Second exciting thing is that Ari has- at long last- started to show interest in the potty. We went out and got one of those potty seats that goes on your big toilet, and she was very taken with it. She spent about an hour sitting on it this evening.

She has definitely not progressed to knowing what to use the potty for, mind. But this is still a big jump up from the little girl who didn't seem to notice that the potty existed at all or what we did with it.

Couple of other things: we taught Ari how to blow on dandelions for wishes. She really digs it. She's been really tantrumy of late. I choose to hope that this heralds the cusp of a new developmental stage.

Oh, and she's been really freaking me out on the playground. I try hard to stand back and let her find her own boundaries- which she's really quite good at- but she's constantly attempting things I don't think she should be able to do. She's always either succeeded at them safely, or turned back if she didn't think she could do it. And I really do want her to learn to not do things because she knows they're not safe, not because I told her so.

But still.
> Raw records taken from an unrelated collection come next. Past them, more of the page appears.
-- ===== src/Serializable/Bits.antt =====
-- include/util/serializable.h, bit sets: the byte form of a `std::vector<bool>` is read back.
use cs4500project.Prelude.{
  Bool, Bool-cases, List, [], ap, append-nil, append_assoc, arith, false, get_elem?, get_elem?-drop,
  if◌then◌else◌, inl, inr, length, length-append, ltb, lt→ltb, ok, refl, some, subst, suc, true,
  zero, ℕ, ◌%◌, ◌*◌, ◌++◌, ◌+◌, ◌/◌, ◌<◌, ◌==◌, ◌^◌, ◌∙◌, ◌∷◌, ◌≡◌, ◌≤◌,
}
use Prim.Native.Nat.{bit_or}
use cs4500project.Serializable.{
  deserialize_bools, has_bit, pack_bits, serialize_bools, serialize_word, size_max, to_bit,
  unpack_bits,
}
use cs4500project.Serializable.Bytes.{bit_or_add, has_bit_read, next_lt, pow_le, shift_eq}
use cs4500project.Serializable.Words.{
  Decodes, Rest, Rest-append, Rest-append_between, Rest-length, deserialize_word-Rest,
  length-serialize_word,
}

-- What the packing loop adds behind `vec`.
pack_tail : List Bool → ℕ → ℕ → List ℕ
pack_tail [] byte n = if ltb 0 n then byte ∷ [] else []
pack_tail (b ∷ vb) byte n =
    if n == 8
    then byte ∷ pack_tail vb (to_bit b) 1
    else pack_tail vb (bit_or byte (to_bit b * 2 ^ n)) (n + 1)

pack_bits-pack_tail :
    (vb : List Bool) (vec : List ℕ) (byte n : ℕ)
    → pack_bits vb vec byte n ≡ vec ++ pack_tail vb byte n
unfolding pack_bits pack_tail
pack_bits-pack_tail [] vec byte n = elim (Bool-cases (ltb 0 n)) [
  | inl e ↦ rw e
  | inr e ↦ rw (e, append-nil)
]
pack_bits-pack_tail (b ∷ vb) vec byte n = elim (Bool-cases (n == 8)) [
  | inl e ↦ rw e (pack_bits-pack_tail vb (vec ++ byte ∷ []) (to_bit b) 1 ∙ append_assoc vec _ _)
  | inr e ↦ rw e (pack_bits-pack_tail vb vec (bit_or byte (to_bit b * 2 ^ n)) (n + 1))
]

-- The first byte keeps the bits that were there, below those that follow.
pack_tail-head :
    (vb : List Bool) (x n : ℕ)
    → 0 < n
    → n ≤ 8
    → x < 2 ^ n
    → (q : ℕ) × (tl : List ℕ) × (pack_tail vb x n ≡ (x + 2 ^ n * q) ∷ tl) × (x + 2 ^ n * q < 256)
unfolding pack_tail
pack_tail-head [] x n pos le h =
    (0, [], rw (lt→ltb 0 n pos) (ap (λ y. y ∷ []) (omega arith)), omega (arith, pow_le n le))
pack_tail-head (b ∷ vb) x n pos le h = elim (Bool-cases (n == 8)) [
  | inl e ↦ (
    0,
    pack_tail vb (to_bit b) 1,
    rw e (ap (λ y. y ∷ pack_tail vb (to_bit b) 1) (omega arith)),
    omega (arith, pow_le n le),
  )
  | inr e ↦
      let lt : n < 8 = ground arith in
      let small : x < 256 = omega (arith, pow_le n le) in
      let sum = bit_or_add b x n lt small h in
      let (q, tl, eq, bound) =
        pack_tail-head vb (x + to_bit b * 2 ^ n) (suc n) (omega arith) (omega arith)
          (next_lt b x n h) in
      let same = shift_eq (to_bit b) x n q in
      let one : n + 1 ≡ suc n = omega arith in
      (to_bit b + 2 * q, tl, rw (e, sum, one, ← same) eq, omega arith)
]

pack_tail_full : (vb : List Bool) (x : ℕ) → pack_tail vb x 8 ≡ x ∷ pack_tail vb 0 0
unfolding pack_tail
pack_tail_full [] x = refl
pack_tail_full (true ∷ vb) x = refl
pack_tail_full (false ∷ vb) x = refl

read_step :
    (b : Bool) (left : ℕ) (vec : List Bool) (n bound : ℕ) (bytes : List ℕ) (pos byte : ℕ)
    → pos < bound
    → get_elem? bytes pos ≡ some byte
    → has_bit byte n ≡ b
    → unpack_bits (suc left) vec n bound bytes pos
      ≡ unpack_bits left
          (vec ++ b ∷ [])
          (if n + 1 == 8 then 0 else n + 1)
          bound
          bytes
          (if n + 1 == 8 then pos + 1 else pos)
unfolding unpack_bits
read_step b left vec n bound bytes pos byte lt e h = rw (lt→ltb pos bound lt, unpack_bits, e, h)

get_elem?-Rest :
    {bytes : List ℕ} {pos : ℕ} (x : ℕ) (tl : List ℕ)
    → Rest bytes pos (x ∷ tl)
    → get_elem? bytes pos ≡ some x
get_elem?-Rest {bytes} {pos} x tl r = get_elem?-drop pos bytes ∙ rw r.rest_eq

-- The two loops in step: the reader stands before bit `n` of the byte of which the writer has `x`.
unpack_bits-pack_tail :
    (vb vec : List Bool) (x n bound : ℕ) (bytes : List ℕ) (pos : ℕ) (rest : List ℕ)
    → n < 8
    → x < 2 ^ n
    → Rest bytes pos (pack_tail vb x n ++ rest)
    → bound ≡ pos + length (pack_tail vb x n)
    → unpack_bits (length vb) vec n bound bytes pos ≡ ok (vec ++ vb, bound)
unfolding unpack_bits pack_tail
unpack_bits-pack_tail [] vec x zero bound bytes pos rest lt h r e =
    rw append-nil (ap (λ p. ok (vec, p)) (omega arith))
unpack_bits-pack_tail [] vec x (suc n) bound bytes pos rest lt h r e =
    rw append-nil (ap (λ p. ok (vec, p)) (grind arith))
unpack_bits-pack_tail (b ∷ vb) vec x n bound bytes pos rest lt h r e =
    let not_full : (n == 8) ≡ false = ground arith in
    let one : n + 1 ≡ suc n = omega arith in
    let sum = bit_or_add b x n lt (omega (arith, pow_le n)) h in
    let x' : ℕ = x + to_bit b * 2 ^ n in
    let (q, tl, eq, small) =
      pack_tail-head vb x' (suc n) (omega arith) (omega arith) (next_lt b x n h) in
    let tail_eq : pack_tail (b ∷ vb) x n ≡ pack_tail vb x' (suc n) = rw (not_full, sum, one) in
    let r' : Rest bytes pos (pack_tail vb x' (suc n) ++ rest) = rw tail_eq at r in
    let size : length (pack_tail vb x' (suc n)) ≡ suc (length tl) = ap length eq in
    let size' = ap length tail_eq in
    let head : get_elem? bytes pos ≡ some (x' + 2 ^ suc n * q) =
      get_elem?-Rest _ (tl ++ rest) (rw eq at r') in
    let bit : has_bit (x' + 2 ^ suc n * q) n ≡ b =
      rw (shift_eq (to_bit b) x n q)
        (has_bit_read b x n q lt h (rw (shift_eq (to_bit b) x n q) at small)) in
    read_step b (length vb) vec n bound bytes pos _ (omega arith) head bit
    ∙ (elim (Bool-cases (n + 1 == 8)) [
      | inl e₈ ↦
          let full : pack_tail vb x' (suc n) ≡ x' ∷ pack_tail vb 0 0 =
            subst (λ k. pack_tail vb x' k ≡ x' ∷ pack_tail vb 0 0)
              (let k : 8 ≡ suc n = ground arith in k) (pack_tail_full vb x') in
          let r₈ : Rest bytes pos ((x' ∷ []) ++ (pack_tail vb 0 0 ++ rest)) = rw full at r' in
          rw e₈ (
            unpack_bits-pack_tail vb (vec ++ b ∷ []) 0 0 bound bytes (pos + 1) rest (omega arith)
              (omega arith) (Rest-append (x' ∷ []) (pack_tail vb 0 0 ++ rest) r₈)
              (omega (arith, ap length full))
            ∙ ap (λ v. ok (v, bound)) (append_assoc vec (b ∷ []) vb))
      | inr e₈ ↦
          rw (e₈, one)
            (unpack_bits-pack_tail vb (vec ++ b ∷ []) x' (suc n) bound bytes pos rest (ground arith)
                (next_lt b x n h) r' (omega arith)
              ∙ ap (λ v. ok (v, bound)) (append_assoc vec (b ∷ []) vb))
    ])

byte_count : ℕ → ℕ
byte_count len = len / 8 + (if ltb 0 (len % 8) then 1 else 0)

length-pack_tail :
    (vb : List Bool) (x n : ℕ) → n ≤ 8 → length (pack_tail vb x n) ≡ byte_count (n + length vb)
unfolding pack_tail byte_count
length-pack_tail [] x n h = ground arith
length-pack_tail (b ∷ vb) x n h = ground (
  arith,
  length-pack_tail vb (to_bit b) 1 (omega arith),
  length-pack_tail vb (bit_or x (to_bit b * 2 ^ n)) (n + 1),
)

serialize_bools-pack_tail :
    (vb : List Bool) → serialize_bools vb ≡ serialize_word 8 (length vb) ++ pack_tail vb 0 0
unfolding serialize_bools
serialize_bools-pack_tail vb = pack_bits-pack_tail vb (serialize_word 8 (length vb)) 0 0

-- The byte form has eight bytes for the length and one byte for eight Booleans, rounded up.
pub length-serialize_bools :
    (vb : List Bool)
    → length (serialize_bools vb) ≡ 8 + (length vb / 8 + (if ltb 0 (length vb % 8) then 1 else 0))
unfolding byte_count
length-serialize_bools vb =
    ap length (serialize_bools-pack_tail vb)
    ∙ length-append (serialize_word 8 (length vb)) (pack_tail vb 0 0)
    ∙ rw (length-serialize_word, length-pack_tail vb 0 0 (omega arith))
        (ap (λ k. 8 + byte_count k) (omega arith))

pub deserialize_bools-Decodes :
    (vb : List Bool) → length vb < size_max → Decodes deserialize_bools (serialize_bools vb) vb
unfolding deserialize_bools byte_count
deserialize_bools-Decodes vb fits bytes pos rest r =
    let word = serialize_word 8 (length vb) in
    let tail = pack_tail vb 0 0 in
    let size = length-serialize_word 8 (length vb) in
    let r₁ : Rest bytes pos (word ++ (tail ++ rest)) =
      rw (serialize_bools-pack_tail, append_assoc) at r in
    let r₂ : Rest bytes (pos + 8) (tail ++ rest) =
      subst (λ k. Rest bytes (pos + k) (tail ++ rest)) size (Rest-append word _ r₁) in
    let count : length tail ≡ byte_count (length vb) =
      length-pack_tail vb 0 0 (omega arith) ∙ ap byte_count (omega arith) in
    let total : length (serialize_bools vb) ≡ 8 + length tail =
      length-serialize_bools vb ∙ omega arith in
    let bound : (byte_count (length vb) + (pos + 8)) % size_max ≡ pos + 8 + length tail =
      omega (arith, r₂.fits, Rest-length r₂, length-append tail rest) in
    rw (deserialize_word-Rest 8 (length vb) (tail ++ rest) r₁ fits) (
      unpack_bits-pack_tail vb [] 0 0 _ bytes (pos + 8) rest (omega arith) (omega arith) r₂ bound
      ∙ ap (λ p. ok (vb, p)) (omega arith))

-- A list of fewer than 2 ^ 64 Booleans is read back from its byte form, wherever that stands
-- among fewer than 2 ^ 64 bytes in all, and the position ends up behind it.
pub deserialize_bools-serialize_bools :
    (pre : List ℕ) (vb : List Bool) (post : List ℕ)
    → length vb < size_max
    → length (pre ++ serialize_bools vb ++ post) < size_max
    → deserialize_bools (pre ++ serialize_bools vb ++ post) (length pre)
      ≡ ok (vb, length pre + length (serialize_bools vb))
deserialize_bools-serialize_bools pre vb post fits total =
    deserialize_bools-Decodes vb fits (pre ++ serialize_bools vb ++ post) (length pre) post
      (Rest-append_between pre (serialize_bools vb) post total)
She's climbed to the top of the jungle gym, and I don't think she can get down without falling. I'm there biting my nails and making myself wait until she asks for help. She doesn't, though. She always climbs down on her own.

Tuesday, March 20, 2007

Shocking

Thad didn't end up getting a job today, so we had kind of a lazy day. We spent some time cleaning for my dad's impending visit. It was remarkably futile... :) There's nothing quite like spending 30 minutes picking up toys and books, only to have them all spread over the floor again in 30 seconds.
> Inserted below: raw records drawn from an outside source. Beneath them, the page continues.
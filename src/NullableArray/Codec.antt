-- ===== src/NullableArray/Codec.antt =====
-- include/data/nullable_array.h: `deserialize` reads back what `serialize` wrote.
use cs4500project.Prelude.{
  ==_iff, Bool, List, [], ap, append-nil, append_assoc, ap₂, arith, false, length, length-append,
  ok, refl, suc, true, ◌++◌, ◌+◌, ◌<◌, ◌>>=◌, ◌∙◌, ◌∷◌, ◌≡◌,
}
use cs4500project.NullableArray.{
  Element, NullableArray, deserialize, deserialize_flags, deserialize_items, make, serialize,
  serialize_flags, serialize_items,
}
use cs4500project.NullableArray.View.{Clean, IsValid}
use cs4500project.Serializable.{deserialize_bools, serialize_bools, size_max}
use cs4500project.Serializable.Bits.{deserialize_bools-Decodes}
use cs4500project.Serializable.Words.{Decodes, Decodes-return, Decodes-then, Rest, Rest-append}

module _ {T : Type 0} (el : Element T) (Good : T → Type 0) where
  -- The values that exist are good.
  unfoldable pub Holds : List Bool → List T → Type 0
  Holds (true ∷ bm) (x ∷ xs) = Good x × Holds bm xs
  Holds (false ∷ bm) (x ∷ xs) = Holds bm xs
  Holds _ _ = Unit

  deserialize_items-Decodes :
      ((x : T) → Good x → Decodes el.read (el.write x) x)
      → (bm : List Bool) (xs acc : List T) → Clean el.init bm xs
      → Holds bm xs
      → Decodes (deserialize_items el bm acc) (serialize_items el bm xs) (acc ++ xs)
  unfolding Clean Holds deserialize_items serialize_items
  deserialize_items-Decodes law [] [] acc c g bytes pos rest r =
      rw append-nil (Decodes-return acc bytes pos rest r)
  deserialize_items-Decodes law (true ∷ bm) (x ∷ xs) acc c g bytes pos rest r =
      let tail = serialize_items el bm xs in
      let r₁ : Rest bytes pos (el.write x ++ (tail ++ rest)) = rw append_assoc at r in
      let ih =
        deserialize_items-Decodes law bm xs (acc ++ x ∷ []) c g.1 bytes (pos + length (el.write x))
          rest (Rest-append (el.write x) (tail ++ rest) r₁) in
      rw (law x g.0 bytes pos (tail ++ rest) r₁, deserialize_items, length-append (el.write x) tail)
        (ih ∙ ap₂ (λ v p. ok (v, p)) (append_assoc acc (x ∷ []) xs) (omega arith))
  deserialize_items-Decodes law (false ∷ bm) (x ∷ xs) acc c g bytes pos rest r =
      let ih = deserialize_items-Decodes law bm xs (acc ++ el.init ∷ []) c.1 g bytes pos rest r in
      rw c.0 (
        ih
        ∙ ap (λ v. ok (v, pos + length (serialize_items el bm xs)))
            (append_assoc acc (el.init ∷ []) xs))
  deserialize_items-Decodes law [] (x ∷ xs) acc c g bytes pos rest r = absurd c
  deserialize_items-Decodes law (true ∷ bm) [] acc c g bytes pos rest r = absurd c
  deserialize_items-Decodes law (false ∷ bm) [] acc c g bytes pos rest r = absurd c

module _ {T : Type 0} where
  Clean-length :
      (init : T) (bm : List Bool) (xs : List T) → Clean init bm xs → length bm ≡ length xs
  unfolding Clean
  Clean-length init [] [] c = refl
  Clean-length init (true ∷ bm) (x ∷ xs) c = ap suc (Clean-length init bm xs c)
  Clean-length init (false ∷ bm) (x ∷ xs) c = ap suc (Clean-length init bm xs c.1)
  Clean-length init [] (x ∷ xs) c = absurd c
  Clean-length init (true ∷ bm) [] c = absurd c
  Clean-length init (false ∷ bm) [] c = absurd c

  make-ok :
      (bm : List Bool) (xs : List T)
      → length bm ≡ length xs
      → make bm xs ≡ ok (record { bitmap = bm; items = xs })
  unfolding make
  make-ok bm xs e = rw ((==_iff _ _).1 e)

-- A valid array of fewer than 2 ^ 64 entries, whose values are read back one by one, is read back.
pub deserialize-Decodes :
    {T : Type 0} (el : Element T) (Good : T → Type 0) (a : NullableArray T)
    → ((x : T) → Good x → Decodes el.read (el.write x) x)
    → IsValid el.init a
    → Holds el Good a.bitmap a.items
    → length a.bitmap < size_max
    → Decodes (deserialize el) (serialize el a) a
unfolding deserialize serialize
deserialize-Decodes el Good a law c g fits =
    Decodes-then deserialize_bools
      (λ bm bytes pos.
        deserialize_items el bm [] bytes pos >>= λ r. make bm r.0 >>= λ b. ok (b, r.1))
      (serialize_bools a.bitmap) (serialize_items el a.bitmap a.items) a.bitmap a
      (deserialize_bools-Decodes a.bitmap fits)
      (λ bytes pos rest r. rw (
        deserialize_items-Decodes el Good law a.bitmap a.items [] c g bytes pos rest r,
        make-ok a.bitmap a.items (Clean-length el.init a.bitmap a.items c),
      ))

-- The same for `bool`, whose values all take a bit.
pub deserialize_flags-Decodes :
    (a : NullableArray Bool)
    → IsValid false a
    → length a.bitmap < size_max
    → Decodes deserialize_flags (serialize_flags a) a
unfolding deserialize_flags serialize_flags
deserialize_flags-Decodes a c fits =
    let size = Clean-length false a.bitmap a.items c in
    Decodes-then deserialize_bools
      (λ bm bytes pos. deserialize_bools bytes pos >>= λ r. make bm r.0 >>= λ b. ok (b, r.1))
      (serialize_bools a.bitmap) (serialize_bools a.items) a.bitmap a
      (deserialize_bools-Decodes a.bitmap fits)
      (λ bytes pos rest r. rw (
        deserialize_bools-Decodes a.items (omega arith) bytes pos rest r,
        make-ok a.bitmap a.items size,
      ))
Ari has started using the -s plural morpheme spottily in the last few days... I've heard "bears", "birds", and (yesterday) "cats". A whole new level of linguistic expression is opening up to her! :D

Here she is, showing that she knows how to use a hairbrush:

Thursday, February 22, 2007

Fitting it all in

Augh, when it rains it pours. I've ended up hosting someone for prospectives weekend (damn you, spare bedroom!). Which is this weekend. Which is the last weekend before my presentation. :( I'm going to be spending every spare minute- after we clean up our house for the incoming guest- working on aforementioned presentation. Wish me luck. I have to have a version of it done by Monday... Oh, and my ICHL abstract. Mustn't forget my ICHL abstract.

Ari is a sweet little snuggle girl. She didn't nap this afternoon for her papa, and thus had kind of a rough evening. She did pass out right when I got home, and I have to admit, I just loved having her all passed out and snuggly in my arms for a while. I always miss her when I'm gone, and I love having a chance to hold my chubbly, snuggly little girl when I come home.
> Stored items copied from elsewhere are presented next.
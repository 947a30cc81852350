-- ===== src/Column/Codec.antt =====
-- include/data/column.h, the specialisations of `deserialize`: a column is read back as it was.
use cs4500project.NullableArray
use cs4500project.NullableArray.View as ArrayView
use cs4500project.NullableArray.Codec as ArrayCodec
use cs4500project.Prelude.{
  Bool, List, [], append-nil, append_assoc, arith, false, get_elem?, get_elem?_append, length,
  length-append, ltb, lt→ltb, ok, refl, some, subst, true, ℕ, ◌++◌, ◌+◌, ◌<◌, ◌^◌, ◌∷◌, ◌≡◌,
}
use cs4500project.Column.{
  Column, bool_column, deserialize, deserialize_array, deserialize_bool_array, float_column,
  float_element, get_type, int_column, int_element, refill, serialize, string_column,
  string_element,
}
use cs4500project.Column.View.{IsValid}
use cs4500project.NullableArray.{Element, NullableArray, optional_of}
use cs4500project.Serializable.{size_max}
use cs4500project.Serializable.Strings.{IsBytes, deserialize_string-Decodes}
use cs4500project.Serializable.Words.{Decodes, Rest-append_between, deserialize_word-Decodes}

snoc-append : {A : Type 0} (xs : List A) (y : A) (ys : List A) → (xs ++ y ∷ []) ++ ys ≡ xs ++ y ∷ ys
snoc-append xs y ys = append_assoc xs (y ∷ []) ys

push_back_entry :
    {T : Type 0} (init : T) (bm : List Bool) (xs : List T) (e : Bool) (x : T)
    → (e ≡ false → x ≡ init)
    → NullableArray.push_back init (record { bitmap = bm; items = xs }) (optional_of e x)
      ≡ record { bitmap = bm ++ e ∷ []; items = xs ++ x ∷ [] }
unfolding NullableArray.push_back
push_back_entry init bm xs true x h = refl
push_back_entry init bm xs false x h = rw (h refl)

get_entry :
    {T : Type 0} (bm bm' : List Bool) (xs xs' : List T) (b : Bool) (x : T)
    → length bm ≡ length xs
    → NullableArray.get (record { bitmap = bm ++ b ∷ bm'; items = xs ++ x ∷ xs' }) (length xs)
      ≡ ok (optional_of b x)
unfolding NullableArray.get NullableArray.size
get_entry bm bm' xs xs' b x e =
    let within : ltb (length xs) (length (xs ++ x ∷ xs')) ≡ true =
      lt→ltb _ _ (omega (arith, length-append xs (x ∷ xs'))) in
    let flag : get_elem? (bm ++ b ∷ bm') (length xs) ≡ some b =
      subst (λ k. get_elem? (bm ++ b ∷ bm') k ≡ some b) e (get_elem?_append bm b bm') in
    rw (within, flag, get_elem?_append xs x xs')

Clean-split :
    {T : Type 0} (init : T) (b : Bool) (x : T) (bm : List Bool) (xs : List T)
    → ArrayView.Clean init (b ∷ bm) (x ∷ xs)
    → (b ≡ false → x ≡ init) × ArrayView.Clean init bm xs
unfolding ArrayView.Clean
Clean-split init true x bm xs c = (λ h. cc, c)
Clean-split init false x bm xs c = (λ h. c.0, c.1)

-- The copy loop pushes each entry in turn.
refill_suffix :
    {T : Type 0} (init : T) (bm bm' : List Bool) (xs xs' : List T)
    → length bm ≡ length xs
    → ArrayView.Clean init bm' xs'
    → refill init
        (record { bitmap = bm ++ bm'; items = xs ++ xs' })
        (length xs')
        (length xs)
        (record { bitmap = bm; items = xs })
      ≡ ok (record { bitmap = bm ++ bm'; items = xs ++ xs' })
unfolding ArrayView.Clean refill
refill_suffix init bm [] xs [] e c = rw (append-nil bm, append-nil xs)
refill_suffix {T} init bm (b ∷ bm') xs (x ∷ xs') e c =
    let (missing, c') = Clean-split init b x bm' xs' c in
    let ih =
      refill_suffix init (bm ++ b ∷ []) bm' (xs ++ x ∷ []) xs'
        (omega (arith, length-append bm (b ∷ []), length-append xs (x ∷ []))) c' in
    rw (get_entry bm bm' xs xs' b x e, refill, push_back_entry init bm xs b x missing)
      (rw (snoc-append bm b bm', snoc-append xs x xs', length-append xs (x ∷ [])) at ih)
refill_suffix init bm [] xs (x ∷ xs') e c = absurd c
refill_suffix init bm (true ∷ bm') xs [] e c = absurd c
refill_suffix init bm (false ∷ bm') xs [] e c = absurd c

refill-copy :
    {T : Type 0} (init : T) (a : NullableArray T)
    → ArrayView.IsValid init a
    → refill init a (NullableArray.size a) 0 NullableArray.empty ≡ ok a
unfolding NullableArray.size NullableArray.empty
refill-copy init a c = refill_suffix init [] a.bitmap [] a.items refl c

-- The bytes of strings are bytes, numbers fit their words, and there are fewer entries than
-- `size_t` counts.
abbrev FitsArray : {T : Type 0} → (T → Type 0) → Element T → NullableArray T → Type 0
FitsArray Good el a = ArrayCodec.Holds el Good a.bitmap a.items × (length a.bitmap < size_max)

abbrev pub GoodString : List ℕ → Type 0
GoodString s = IsBytes s × (length s < size_max)

unfoldable pub Fits : Column → Type 0
Fits (int_column a) = FitsArray (λ n. n < 2 ^ 32) int_element a
Fits (float_column a) = FitsArray (λ n. n < 2 ^ 64) float_element a
Fits (bool_column a) = length a.bitmap < size_max
Fits (string_column a) = FitsArray GoodString string_element a

deserialize_array-Decodes :
    {T : Type 0} (el : Element T) (Good : T → Type 0) (a : NullableArray T)
    → ((x : T) → Good x → Decodes el.read (el.write x) x)
    → ArrayView.IsValid el.init a
    → FitsArray Good el a
    → Decodes (deserialize_array el) (NullableArray.serialize el a) a
unfolding deserialize_array
deserialize_array-Decodes el Good a law c g bytes pos rest r = rw (
  ArrayCodec.deserialize-Decodes el Good a law c g.0 g.1 bytes pos rest r,
  refill-copy el.init a c,
)

deserialize_bool_array-Decodes :
    (a : NullableArray Bool)
    → ArrayView.IsValid false a
    → length a.bitmap < size_max
    → Decodes deserialize_bool_array (NullableArray.serialize_flags a) a
unfolding deserialize_bool_array
deserialize_bool_array-Decodes a c fits bytes pos rest r =
    rw (ArrayCodec.deserialize_flags-Decodes a c fits bytes pos rest r, refill-copy false a c)

pub deserialize-Decodes :
    (c : Column) → IsValid c → Fits c → Decodes (deserialize (get_type c)) (serialize c) c
unfolding deserialize serialize get_type IsValid Fits
deserialize-Decodes (int_column a) v g bytes pos rest r = rw (
    deserialize_array-Decodes int_element (λ n. n < 2 ^ 32) a
      (λ x h. deserialize_word-Decodes 4 x h) v g bytes pos rest r)
deserialize-Decodes (float_column a) v g bytes pos rest r = rw (
    deserialize_array-Decodes float_element (λ n. n < 2 ^ 64) a
      (λ x h. deserialize_word-Decodes 8 x h) v g bytes pos rest r)
deserialize-Decodes (bool_column a) v g bytes pos rest r =
    rw (deserialize_bool_array-Decodes a v g bytes pos rest r)
deserialize-Decodes (string_column a) v g bytes pos rest r = rw (
    deserialize_array-Decodes string_element GoodString a
      (λ x h. deserialize_string-Decodes x h.0 h.1) v g bytes pos rest r)

-- A valid column that fits its words is read back by its type, wherever its bytes stand among
-- fewer than 2 ^ 64 bytes in all.
pub deserialize_column-serialize :
    (pre : List ℕ) (c : Column) (post : List ℕ)
    → IsValid c
    → Fits c
    → length (pre ++ serialize c ++ post) < size_max
    → deserialize (get_type c) (pre ++ serialize c ++ post) (length pre)
      ≡ ok (c, length pre + length (serialize c))
deserialize_column-serialize pre c post v g total =
    deserialize-Decodes c v g (pre ++ serialize c ++ post) (length pre) post
      (Rest-append_between pre (serialize c) post total)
Today, Ari said "please" and "bye bye". I think she thinks "please" means "read me a book!", but it's hard to tell.

Friday, December 08, 2006

So much Dunwich Horror

Oooh, man. I just stayed up way too late. The date tag lies, but it's 3 AM. Wheee! :D

We went to the department Christmas party tonight. Ari was sweet mostly. There was another mama there with a tiny 7-week-old little girl... so little. It was kinda cool to run into another mama who wraps and cloth-diapers and breastfeeds, outside of my existing hippy mama group.

Ari things:
  • She has another sign- she's definitely done "more" a few times now.
  • She has two molars coming in. Ow, the lack of sleep.
  • She likes to clap for herself when she thinks she's done something good.
  • She imitates us shaking our heads 'no', but doesn't seem to actually understand what it means.
  • She likes to play a game where she points at different people, and we say their names.
  • She knows where our noses are, but not other face parts.

Tuesday, September 26, 2006

Sword in one hand, surcoat in the other.

Ugh- I'm about to pass out. The days I work are just exhausting. I'm looking forward to being home tomorrow.

A complication with our current schedule is that the way Thad's work goes, I don't get any time to work on Wednesdays, so anything that I need to do in advance of Thursdays has to be done on Tuesday- so, I work 9 hours and then have to come home and cook/nurse Ari/do homework.

I think I'm gonna hope that Ari naps tomorrow, though, 'cause I'm not finishing this homework tonight!

Thad and Ari went out in the bike trailer today. They went all around the town! Thad rode over to a baby thrift store and bought her some adorable warm jammies, and went and deposited his paychecks. Then, he took Ari out to lunch at a noodle bar. They had pad thai, and apparently, she snarfed it right up with great gusto.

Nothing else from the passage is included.